Mademoiselle M., 1946
Pastel sur papier, 54,8 x 34,5 cm

L’homme et son visage occupent Ruth Baumgarte sa vie durant. Déjà pendant ses études, elle crée de nombreux portraits et capture l’atmosphère spécifique de son époque par l’interaction respective de la tête et de la posture. « Une nouvelle vie que fleurit sur les ruines. Une fleur minuscule sur une tige grotesque qui pousse sur des gravats, qui nous fait sourire par son assurance et qui nous console », écrit « Zeit » dans son édition du 11 avril 1946 sur la soif de la beauté dans l’après-guerre. À cette époque naît la feuille expressive avec une « Mademoiselle », qui fait partie des premiers pastels conservés de Ruth Baumgarte de 1946. Le dessin de 55 cm de hauteur fait également se manifester sa deuxième passion artistique : la couleur.

Telle une apparition magique, le demi-buste d’une jeune femme aux yeux gris-bleu ressortit du dessin. Sa présentation est inhabituelle pour la période d’après-guerre : elle ne porte pas de béret basque ou un chapeau en feutre courants à l’époque, mais une création élégante en fourrure, soie et décoration florale qui couronne sa tête plus qu’elle ne la protège. La peintre rend sensible la texture délicate des tissus par des parties légères et colorées subtilement en rouge rouille jusqu’à jaune. Par des traits sporadiques par-dessus les joues incandescentes de rouge et des lèvres légèrement ouvertes, elle esquisse une voilette transparente.

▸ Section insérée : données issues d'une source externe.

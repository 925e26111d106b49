-- ===== src/Proxy/Handle/Entries.antt =====
-- The entries that a header map of crates/tailsvc-proxy/src/proxy.rs has of one name.
use tailroute.Base.{
  ◌≡◌, refl, ◌∙◌, inl, inr, not, Option, none, some, [], ◌∷◌, ◌++◌, retain, Bool-cases, arith,
  if◌then◌else◌,
}
use mathlib.Core.List.{append-nil}
use tailroute.Base.Keys.{◌==◌, list_key, nat_key, list_eq_iff}
use tailroute.Base.Text.{Text}
use tailroute.Base.Table.{get}
use tailroute.Proxy.Handle.{HeaderMap, header_insert, insert_some}

-- All entries of a name, in order.
abbrev pub entries : Text → HeaderMap → HeaderMap
entries j headers = retain (λ (n, _). n == j) headers

entries-append :
    (j : Text) (headers rest : HeaderMap)
    → entries j (headers ++ rest) ≡ entries j headers ++ entries j rest
entries-append j [] rest = refl
entries-append j ((n, v) ∷ headers) rest = ground (arith, entries-append j headers rest)

entries-retain :
    (name j : Text) (headers : HeaderMap)
    → entries j (retain (λ (n, _). not (n == name)) headers)
      ≡ (if name == j then [] else entries j headers)
entries-retain name j [] = ground arith
entries-retain name j ((n, v) ∷ headers) =
    ground (
      arith,
      entries-retain name j headers,
      list_eq_iff n name,
      list_eq_iff n j,
      list_eq_iff name j,
    )

pub entries-header_insert :
    (name value j : Text) (headers : HeaderMap)
    → entries j (header_insert name value headers)
      ≡ (if name == j then (name, value) ∷ [] else entries j headers)
unfolding header_insert
entries-header_insert name value j headers =
    entries-append j (retain (λ (n, _). not (n == name)) headers) ((name, value) ∷ [])
    ∙ rw (entries-retain name j headers) (elim (Bool-cases (name == j)) [
      | inl same ↦ rw same refl
      | inr other ↦ rw other (append-nil (entries j headers))
    ])

-- The entries of a name after an optional insertion.
abbrev pub overridden : Text → Option Text → Text → HeaderMap → HeaderMap
overridden name none j before = before
overridden name (some v) j before = if name == j then (name, v) ∷ [] else before

pub entries-insert_some :
    (name : Text) (value : Option Text) (j : Text) (headers : HeaderMap)
    → entries j (insert_some name value headers) ≡ overridden name value j (entries j headers)
entries-insert_some name none j headers = refl
entries-insert_some name (some v) j headers = entries-header_insert name v j headers

pub first : HeaderMap → Option Text
first [] = none
first ((n, v) ∷ headers) = some v

pub get-entries : (j : Text) (headers : HeaderMap) → get j headers ≡ first (entries j headers)
unfolding get first
get-entries j [] = refl
get-entries j ((n, v) ∷ headers) = ground (arith, get-entries j headers)
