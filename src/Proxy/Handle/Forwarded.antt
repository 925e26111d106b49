-- ===== src/Proxy/Handle/Forwarded.antt =====
-- The headers that `inject_forwarded_headers` of crates/tailsvc-proxy/src/proxy.rs leaves.
use tailroute.Base.{
  ◌≡◌, refl, ap, sym, ◌∙◌, inl, inr, true, false, not, Bool, ◌&&◌, Option, none, some, List, [],
  ◌∷◌, ◌++◌, and_then, is_empty, Bool-cases, arith, if◌then◌else◌,
}
use mathlib.Core.List.{append_assoc}
use tailroute.Base.Headers.{is_visible, to_str}
use tailroute.Base.Keys.{◌==◌, list_key, nat_key, list_eq, member, ==_refl}
use tailroute.Base.Text.{Text, text}
use tailroute.Base.Table.{get}
use tailroute.Proxy.Handle.Entries.{
  entries, entries-header_insert, entries-insert_some, overridden, get-entries, first,
}
use tailroute.Proxy.Handle.{
  HeaderMap, header_insert, insert_some, forwarded_for, inject_forwarded_headers,
}

abbrev for : Text
for = text "x-forwarded-for"

abbrev pub own_names : List Text
own_names =
    text "host" ∷ text "x-forwarded-proto" ∷ text "x-forwarded-host" ∷ text "x-forwarded-for" ∷ []

-- What stands in front of the peer's address: the client's list, if it is text and not empty.
abbrev pub passed : Option Text → Text
passed none = []
passed (some v) = if is_visible v && not (is_empty v) then v ++ text ", " else []

-- The entry with the original `Host`, or what the client sent where there is none.
abbrev pub sent_or : Text → Option Text → HeaderMap → HeaderMap
sent_or name none sent = sent
sent_or name (some v) sent = (name, v) ∷ []

forwarded_for-passed :
    (o : Option Text) (peer_ip : Text)
    → forwarded_for (and_then o to_str) peer_ip ≡ passed o ++ peer_ip
unfolding forwarded_for to_str
forwarded_for-passed none peer_ip = refl
forwarded_for-passed (some v) peer_ip = elim (Bool-cases (is_visible v)) [
  | inl seen ↦ rw seen (shown v)
  | inr hidden ↦ rw hidden refl
]
  where
    shown :
        (v : Text)
        → (if is_empty v then peer_ip else v ++ (text ", " ++ peer_ip))
          ≡ (if not (is_empty v) then v ++ text ", " else []) ++ peer_ip
    shown [] = refl
    shown (c ∷ v) = ap (λ t. c ∷ t) (sym (append_assoc v (text ", ") peer_ip))

all-append : (s t : Text) → is_visible s ≡ true → is_visible t ≡ true → is_visible (s ++ t) ≡ true
all-append [] t hs ht = ht
all-append (c ∷ s) t hs ht = ground (arith, all-append s t)

and_left : (a b : Bool) → (a && b) ≡ true → a ≡ true
and_left true b h = refl
and_left false b h = cc

passed-visible : (o : Option Text) → is_visible (passed o) ≡ true
unfolding text
passed-visible none = refl
passed-visible (some v) = elim (Bool-cases (is_visible v && not (is_empty v))) [
  | inl seen ↦ rw seen (all-append v (text ", ") (and_left _ _ seen) refl)
  | inr hidden ↦ rw hidden refl
]

module _ (headers : HeaderMap) (peer_ip : Text) (host : Option Text) where
  -- The headers before the last insertion.
  abbrev marked : HeaderMap
  marked = insert_some (text "x-forwarded-host") host (
      header_insert (text "x-forwarded-proto") (text "http")
        (insert_some (text "host") host headers))

  -- The entries of a name among them, from what the client sent under it.
  abbrev value : Option Text → Text → HeaderMap → HeaderMap
  value h j sent = overridden (text "x-forwarded-host") h j (
      if text "x-forwarded-proto" == j
      then (text "x-forwarded-proto", text "http") ∷ []
      else overridden (text "host") h j sent)

  entries-marked : (j : Text) → entries j marked ≡ value host j (entries j headers)
  entries-marked j =
      entries-insert_some (text "x-forwarded-host") host j _
      ∙ ap (overridden (text "x-forwarded-host") host j) (
          entries-header_insert (text "x-forwarded-proto") (text "http") j _
          ∙ ap
              (λ t.
                if text "x-forwarded-proto" == j
                then (text "x-forwarded-proto", text "http") ∷ []
                else t)
              (entries-insert_some (text "host") host j headers))

  value_own : (h : Option Text) (sent : HeaderMap) → value h for sent ≡ sent
  unfolding text list_eq
  value_own none sent = refl
  value_own (some v) sent = refl

  get-marked : get for marked ≡ get for headers
  get-marked =
      get-entries for marked
      ∙ ap first (entries-marked for ∙ value_own host (entries for headers))
      ∙ sym (get-entries for headers)

  -- The value of `x-forwarded-for` that is set.
  abbrev list : Text
  list = passed (get for headers) ++ peer_ip

  entries-inject :
      is_visible peer_ip ≡ true
      → (j : Text)
      → entries j (inject_forwarded_headers headers peer_ip host)
        ≡ (if for == j then (for, list) ∷ [] else value host j (entries j headers))
  unfolding inject_forwarded_headers to_str
  entries-inject seen j =
      let whole : forwarded_for (and_then (get for marked) to_str) peer_ip ≡ list =
        ap (λ o. forwarded_for (and_then o to_str) peer_ip) get-marked
        ∙ forwarded_for-passed (get for headers) peer_ip in
      let is_text : is_visible list ≡ true =
        all-append (passed (get for headers)) peer_ip (passed-visible (get for headers)) seen in
      rw (whole, is_text)
        (entries-header_insert for list j marked
          ∙ ap (λ t. if for == j then (for, list) ∷ [] else t) (entries-marked j))

  value_host :
      (h : Option Text) (sent : HeaderMap)
      → (if for == text "host" then (for, list) ∷ [] else value h (text "host") sent)
        ≡ sent_or (text "host") h sent
  unfolding text list_eq
  value_host none sent = refl
  value_host (some v) sent = refl

  value_proto :
      (h : Option Text) (sent : HeaderMap)
      → (if for == text "x-forwarded-proto"
          then (for, list) ∷ []
          else value h (text "x-forwarded-proto") sent)
        ≡ (text "x-forwarded-proto", text "http") ∷ []
  unfolding text list_eq
  value_proto none sent = refl
  value_proto (some v) sent = refl

  value_xhost :
      (h : Option Text) (sent : HeaderMap)
      → (if for == text "x-forwarded-host"
          then (for, list) ∷ []
          else value h (text "x-forwarded-host") sent)
        ≡ sent_or (text "x-forwarded-host") h sent
  unfolding text list_eq
  value_xhost none sent = refl
  value_xhost (some v) sent = refl

  value_other :
      (h : Option Text) (j : Text) (sent : HeaderMap)
      → member j own_names ≡ false
      → (if for == j then (for, list) ∷ [] else value h j sent) ≡ sent
  unfolding member
  value_other none j sent other = ground arith
  value_other (some v) j sent other = ground arith

  -- The entries of the headers that a backend receives, if the peer's address is visible text: one
  -- `host` and one `x-forwarded-host` with the original `Host` where the request has one, and as the
  -- client sent them where not; one `x-forwarded-proto` with `http`; one `x-forwarded-for` with the
  -- peer's address behind the client's list, which is dropped if it is empty or no text; and those of
  -- each other name as the client sent them.
  pub forwarded_headers :
      (j : Text)
      → is_visible peer_ip ≡ true
      → member j own_names ≡ false
      → (entries (text "host") (inject_forwarded_headers headers peer_ip host)
          ≡ sent_or (text "host") host (entries (text "host") headers))
        × (entries (text "x-forwarded-proto") (inject_forwarded_headers headers peer_ip host)
            ≡ (text "x-forwarded-proto", text "http") ∷ [])
        × (entries (text "x-forwarded-host") (inject_forwarded_headers headers peer_ip host)
            ≡ sent_or (text "x-forwarded-host") host (entries (text "x-forwarded-host") headers))
        × (entries (text "x-forwarded-for") (inject_forwarded_headers headers peer_ip host)
            ≡ (text "x-forwarded-for", passed (get (text "x-forwarded-for") headers) ++ peer_ip)
              ∷ [])
        × (entries j (inject_forwarded_headers headers peer_ip host) ≡ entries j headers)
  forwarded_headers j seen other = (
    entries-inject seen (text "host") ∙ value_host host _,
    entries-inject seen (text "x-forwarded-proto") ∙ value_proto host _,
    entries-inject seen (text "x-forwarded-host") ∙ value_xhost host _,
    entries-inject seen for ∙ rw (==_refl for) refl,
    entries-inject seen j ∙ value_other host j _ other,
  )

La jeune femme se représente avec sa parure comme une fleur à parfum séducteur. Or, son regard direct et son menton résolu indiquent qu’elle connaît exactement l’effet que produit sa féminité sur son vis-à-vis. Par ce portrait de la mademoiselle anonyme M., Ruth Baumgarte rend hommage à toutes les femmes qui devaient se débrouiller dans la période bouleversée après 1945.